**** INFORMATION

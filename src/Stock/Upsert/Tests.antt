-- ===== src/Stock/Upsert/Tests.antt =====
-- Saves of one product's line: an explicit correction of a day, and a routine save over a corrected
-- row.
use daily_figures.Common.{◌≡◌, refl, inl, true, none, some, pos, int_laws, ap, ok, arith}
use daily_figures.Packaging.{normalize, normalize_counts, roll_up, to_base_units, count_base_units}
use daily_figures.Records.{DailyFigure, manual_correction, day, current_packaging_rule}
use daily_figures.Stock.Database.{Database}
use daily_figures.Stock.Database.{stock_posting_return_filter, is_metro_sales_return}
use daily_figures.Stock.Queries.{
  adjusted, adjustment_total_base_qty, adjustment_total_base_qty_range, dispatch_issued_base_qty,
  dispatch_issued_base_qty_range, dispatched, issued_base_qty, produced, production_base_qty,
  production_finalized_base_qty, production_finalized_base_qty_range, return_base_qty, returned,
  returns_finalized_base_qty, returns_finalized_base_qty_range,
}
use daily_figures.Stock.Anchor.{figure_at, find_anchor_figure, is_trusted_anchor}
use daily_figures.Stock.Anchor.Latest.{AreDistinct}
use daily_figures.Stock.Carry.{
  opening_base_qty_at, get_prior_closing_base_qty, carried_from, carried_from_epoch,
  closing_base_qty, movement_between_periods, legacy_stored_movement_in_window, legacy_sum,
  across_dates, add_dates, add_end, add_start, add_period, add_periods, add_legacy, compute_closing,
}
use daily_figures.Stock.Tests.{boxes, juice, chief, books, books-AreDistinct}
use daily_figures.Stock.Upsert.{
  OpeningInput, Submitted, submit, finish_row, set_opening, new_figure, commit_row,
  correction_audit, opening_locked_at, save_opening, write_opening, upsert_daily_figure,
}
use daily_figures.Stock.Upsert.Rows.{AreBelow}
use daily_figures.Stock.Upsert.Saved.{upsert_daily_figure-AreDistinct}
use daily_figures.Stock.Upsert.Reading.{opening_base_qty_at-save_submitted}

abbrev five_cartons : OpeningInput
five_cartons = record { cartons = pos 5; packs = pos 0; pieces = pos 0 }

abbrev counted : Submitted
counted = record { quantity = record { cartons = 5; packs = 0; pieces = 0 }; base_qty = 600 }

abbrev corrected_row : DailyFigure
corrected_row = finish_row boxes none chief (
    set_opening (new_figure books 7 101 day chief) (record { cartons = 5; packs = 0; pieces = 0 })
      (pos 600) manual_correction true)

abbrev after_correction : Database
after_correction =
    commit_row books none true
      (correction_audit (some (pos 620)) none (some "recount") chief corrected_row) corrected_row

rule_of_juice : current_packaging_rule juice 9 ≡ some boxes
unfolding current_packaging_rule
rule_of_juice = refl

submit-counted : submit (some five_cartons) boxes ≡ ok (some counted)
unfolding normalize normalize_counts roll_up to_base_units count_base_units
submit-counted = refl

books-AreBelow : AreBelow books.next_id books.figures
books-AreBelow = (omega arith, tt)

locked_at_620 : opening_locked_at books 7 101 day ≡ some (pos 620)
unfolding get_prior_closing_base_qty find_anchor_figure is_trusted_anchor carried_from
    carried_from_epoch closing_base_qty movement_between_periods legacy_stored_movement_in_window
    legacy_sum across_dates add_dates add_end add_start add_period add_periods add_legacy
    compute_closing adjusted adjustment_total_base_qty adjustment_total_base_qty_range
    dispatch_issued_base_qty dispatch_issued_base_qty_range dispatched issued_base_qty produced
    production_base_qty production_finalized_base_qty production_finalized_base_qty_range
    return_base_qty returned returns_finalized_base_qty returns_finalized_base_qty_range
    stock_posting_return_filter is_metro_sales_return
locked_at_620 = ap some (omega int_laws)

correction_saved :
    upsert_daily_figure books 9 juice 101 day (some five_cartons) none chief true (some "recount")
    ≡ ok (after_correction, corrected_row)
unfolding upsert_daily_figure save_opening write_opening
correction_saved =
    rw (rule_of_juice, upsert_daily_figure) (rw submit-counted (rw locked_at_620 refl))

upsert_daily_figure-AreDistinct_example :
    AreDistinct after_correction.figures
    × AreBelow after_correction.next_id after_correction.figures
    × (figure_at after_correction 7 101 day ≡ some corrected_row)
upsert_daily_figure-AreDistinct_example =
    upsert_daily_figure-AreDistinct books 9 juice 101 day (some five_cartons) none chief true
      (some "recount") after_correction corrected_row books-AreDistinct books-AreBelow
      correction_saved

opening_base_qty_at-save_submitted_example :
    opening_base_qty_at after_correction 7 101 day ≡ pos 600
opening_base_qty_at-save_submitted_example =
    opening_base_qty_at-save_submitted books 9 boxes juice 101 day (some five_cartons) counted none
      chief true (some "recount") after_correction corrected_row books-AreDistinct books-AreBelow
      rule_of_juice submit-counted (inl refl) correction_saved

********
**** INFORMATION

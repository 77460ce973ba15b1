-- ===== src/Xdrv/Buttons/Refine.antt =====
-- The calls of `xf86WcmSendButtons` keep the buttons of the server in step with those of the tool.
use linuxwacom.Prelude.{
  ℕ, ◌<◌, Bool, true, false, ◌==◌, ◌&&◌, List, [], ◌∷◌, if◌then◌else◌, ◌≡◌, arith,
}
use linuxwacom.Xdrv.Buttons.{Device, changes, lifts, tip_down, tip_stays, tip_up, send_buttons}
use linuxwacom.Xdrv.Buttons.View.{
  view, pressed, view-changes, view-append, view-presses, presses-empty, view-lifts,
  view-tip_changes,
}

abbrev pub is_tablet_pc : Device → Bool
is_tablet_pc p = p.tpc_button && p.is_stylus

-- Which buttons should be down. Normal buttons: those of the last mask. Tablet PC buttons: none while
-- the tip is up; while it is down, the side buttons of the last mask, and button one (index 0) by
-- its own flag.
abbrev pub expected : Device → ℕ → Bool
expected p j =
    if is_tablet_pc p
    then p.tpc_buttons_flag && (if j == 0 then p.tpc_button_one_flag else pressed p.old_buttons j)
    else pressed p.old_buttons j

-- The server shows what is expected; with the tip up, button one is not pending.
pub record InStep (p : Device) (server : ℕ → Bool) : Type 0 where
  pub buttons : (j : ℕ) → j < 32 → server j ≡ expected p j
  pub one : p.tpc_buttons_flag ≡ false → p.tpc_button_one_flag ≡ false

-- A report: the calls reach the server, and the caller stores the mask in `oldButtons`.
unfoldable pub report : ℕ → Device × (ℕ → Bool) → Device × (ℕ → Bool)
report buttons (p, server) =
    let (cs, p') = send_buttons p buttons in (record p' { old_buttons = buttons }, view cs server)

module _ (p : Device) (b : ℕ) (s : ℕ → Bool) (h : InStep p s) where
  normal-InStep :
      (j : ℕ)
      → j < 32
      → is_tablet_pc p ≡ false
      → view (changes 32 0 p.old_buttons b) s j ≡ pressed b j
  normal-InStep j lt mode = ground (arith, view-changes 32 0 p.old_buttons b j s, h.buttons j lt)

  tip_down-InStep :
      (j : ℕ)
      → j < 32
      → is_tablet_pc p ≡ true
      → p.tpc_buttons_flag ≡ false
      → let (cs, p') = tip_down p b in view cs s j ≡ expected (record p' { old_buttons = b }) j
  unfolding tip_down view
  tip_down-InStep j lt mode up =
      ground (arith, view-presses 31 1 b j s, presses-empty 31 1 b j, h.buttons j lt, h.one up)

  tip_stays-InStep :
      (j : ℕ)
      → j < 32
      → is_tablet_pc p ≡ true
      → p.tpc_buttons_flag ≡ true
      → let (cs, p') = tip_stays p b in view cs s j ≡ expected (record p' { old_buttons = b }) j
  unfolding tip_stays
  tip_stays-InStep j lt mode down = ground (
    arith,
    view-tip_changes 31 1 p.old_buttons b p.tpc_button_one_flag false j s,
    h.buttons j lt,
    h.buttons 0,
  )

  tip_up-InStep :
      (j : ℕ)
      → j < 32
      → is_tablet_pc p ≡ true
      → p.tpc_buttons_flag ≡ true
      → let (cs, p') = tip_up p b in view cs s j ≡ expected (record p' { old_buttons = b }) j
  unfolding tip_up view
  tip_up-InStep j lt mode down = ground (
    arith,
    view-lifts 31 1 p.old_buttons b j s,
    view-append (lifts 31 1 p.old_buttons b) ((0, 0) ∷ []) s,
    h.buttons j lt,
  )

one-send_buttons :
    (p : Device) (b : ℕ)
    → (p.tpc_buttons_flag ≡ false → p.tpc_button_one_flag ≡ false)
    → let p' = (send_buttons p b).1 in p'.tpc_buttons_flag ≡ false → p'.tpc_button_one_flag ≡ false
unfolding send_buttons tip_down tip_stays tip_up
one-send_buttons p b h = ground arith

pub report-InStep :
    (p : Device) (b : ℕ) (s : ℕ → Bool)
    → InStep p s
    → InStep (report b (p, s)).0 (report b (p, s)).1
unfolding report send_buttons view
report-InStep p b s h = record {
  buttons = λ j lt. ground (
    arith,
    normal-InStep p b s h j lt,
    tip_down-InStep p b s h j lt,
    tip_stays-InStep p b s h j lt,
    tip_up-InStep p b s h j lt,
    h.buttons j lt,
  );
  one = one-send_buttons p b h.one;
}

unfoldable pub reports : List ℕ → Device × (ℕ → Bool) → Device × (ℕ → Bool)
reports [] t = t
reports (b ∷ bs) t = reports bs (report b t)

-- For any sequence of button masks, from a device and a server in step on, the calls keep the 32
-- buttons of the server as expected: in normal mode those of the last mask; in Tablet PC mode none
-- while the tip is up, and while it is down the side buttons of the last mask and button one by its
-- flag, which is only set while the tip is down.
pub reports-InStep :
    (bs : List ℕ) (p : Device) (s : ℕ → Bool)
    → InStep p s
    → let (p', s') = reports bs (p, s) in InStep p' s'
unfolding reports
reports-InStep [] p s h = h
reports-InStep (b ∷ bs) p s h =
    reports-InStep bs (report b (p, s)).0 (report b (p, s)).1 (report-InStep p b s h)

********

_EXERCISE DETAILS_
Look over the entries for "keep", then copy every line that includes that string.

_WRITTEN RESPONSE_
-- The calls of `xf86WcmSendButtons` keep the buttons of the server in step with those of the tool.
-- For any sequence of button masks, from a device and a server in step on, the calls keep the 32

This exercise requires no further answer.